Nadi, Fiji (ANTARA News) - Perdana Menteri Fiji Vorege Bainimarama dan Menteri Urusan Internasional dan Pasifik Australia Concetta Fierravanti pada Rabu (18/10) menekankan pentingnya peran yang dimainkan oleh perempuan dalam penanganan masalah perubahan iklim.

Bainimarama berbicara mengenai kepemimpinan perempuan dalam diplomasi perubahan iklim dalam pertemuan dua-hari Pre-COP23, yang juga dikenal sebagai dialog tingkat menteri, di Denarau --satu pulau di dekat kota terbesar ketiga Fiji, Nadi. Ia mengatakan perempuan dan anak perempuan, keduanya, sangat rentan terhadap sebagian dampak paling buruk dari perubahan iklim dan penting bagi reaksi yang efektif.

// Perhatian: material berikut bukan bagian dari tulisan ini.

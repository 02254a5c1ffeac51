-- ===== src/Memos/Sorting/Samples.antt =====
-- The theorem on concrete memos, and tests.
use memos_note.Common.{
  if◌then◌else◌, any, Text, codes, text_eq, ℕ, ◌≡◌, refl, Bool, true, false, not, ◌&&◌, Option,
  none, some, List, [], ◌∷◌, map,
}
use memos_note.Api.{Timestamp, normal, private, Memo}
use memos_note.Memos.Sorting.{
  by_create_time, Order, take_out, put_first, hoist_memo_to_front, le, insert, sort, list_sort,
}
use memos_note.Memos.Sorting.Laws.{IsOrdered, list_sort_lem}
use memos_note.Memos.Sorting.Hoisting.{count, first_name}

abbrev memo : Text → Bool → Memo
memo name is_pinned = record {
  name = name;
  state = normal;
  creator = codes "users/1";
  create_time = none;
  update_time = none;
  content = codes "hi";
  visibility = private;
  tags = [];
  pinned = is_pinned;
  attachments = [];
  relations = [];
  reactions = [];
  property = none;
  parent = none;
  snippet = [];
  location = none;
}

abbrev same_time : Option Timestamp → ℕ
same_time _ = 5

abbrev pinned_order : Order
pinned_order = record {
  pinned_first = true;
  state = normal;
  order_by_time_asc = false;
  time_basis = by_create_time;
}

abbrev three_memos : List Memo
three_memos = memo (codes "a") false ∷ memo (codes "b") true ∷ memo (codes "c") false ∷ []

sort_test :
    map (λ m. m.name) (list_sort same_time pinned_order three_memos)
    ≡ codes "b" ∷ codes "a" ∷ codes "c" ∷ []
unfolding list_sort sort insert le
sort_test = refl

hoist_test :
    map (λ m. m.name) (hoist_memo_to_front three_memos (some (codes "c")))
    ≡ codes "c" ∷ codes "a" ∷ codes "b" ∷ []
unfolding hoist_memo_to_front put_first take_out
hoist_test = refl

list_sort_lem_example :
    let sorted = list_sort same_time pinned_order three_memos in
    IsOrdered same_time pinned_order sorted
    × (count (λ m. m.pinned) sorted ≡ 1)
    × (first_name (hoist_memo_to_front sorted (some (codes "c"))) ≡ (
        if not (text_eq (codes "c") []) && any (λ m. text_eq m.name (codes "c")) sorted
        then some (codes "c")
        else first_name sorted))
    × (count (λ m. m.pinned) (hoist_memo_to_front sorted (some (codes "c"))) ≡ 1)
list_sort_lem_example = list_sort_lem same_time pinned_order three_memos (codes "c") (λ m. m.pinned)
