-- ===== src/Tasks.antt =====
-- Task lists in Markdown: web/src/utils/markdown-manipulation.ts, which toggles one task, and
-- web/src/utils/markdown-task-actions.ts, which sets them all.
pub mod Toggle
pub mod Edits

Saat dunia mengalami peristiwa cuaca ekstrem, kenaikan permukaan air laut dan perubahan bagi pertanian akibat perubahan iklim, perempuan seringkat memiliki sumber daya sangat sedikit untuk menghadapi kondisi tersebut, kata Xinhua --yang dipantau Antara di Jakarta, Kamis pagi. Dan itu dapat menjadi beban tambahan bagi kemiskinan dan kurangnya kesempatan yang sudah dihadapi oleh miliaran perempuan di seluruh dunia, kata Perdana Menteri tersebut.

Perempuan juga menjadi pelaku yang kuat bagi perubahan, katanya. Ia menambahkan, "Kita juga mengetahui bahwa ketika perempuan terwakili dengan baik, kemampuan mereka untuk berbagi ketrampilan dan pengetahuan memperkuat upaya bersama kita untuk menghadapi tantangan perubahan iklim."

Ia menyatakan bahwa hampir 50 persen delegasi Fiji ke Bonn terdiri atas perempuan, dan mereka tentu saja akan mendorong delegasi lain untuk menambah jumlah perempuan dalam delegasi mereka.

"Meningkatkan status perempuan adalah inti yang sangat penting dalam penanggulangan dampak perubahan iklim. Itu lah yang kami lakukan di Fiji. Dan itu lah yang harus kita lakukan di seluruh dunia," katanya.

Sementara itu, Menteri Australia Urusan Internasional dan Pasifik Concetta Fierravanti mengatakan keberhasilan pelaksanaan Kesepakatan Paris, yang bersejarah, tergantung atas keterlibatan efektif perempuan dan anak perempuan.

"Perempuan, sebagai pelaku perubahan, penting untuk mewujudkan pembangunan berkesinambungan dan peralihan ke dunia yang ulet terhadap iklim dengan buangan gas yang rendah. Kita mengetahui bahwa perempuan dan anak perempuan secara tidak seimbang terkena dampak perubahan iklim, terutama di negara berkembang," katanya.

Berdasarkan kecenderungan saat ini, perempuan takkan secara seimbang terwakili di dalam Konvensi Kerangka Kerja PBB mengenai Perubahan Iklim sampai 2040, di parlemen sampai 2065, dan takkan mencapai separuh pemimpin dunia sampai 2134, kata menteri itu.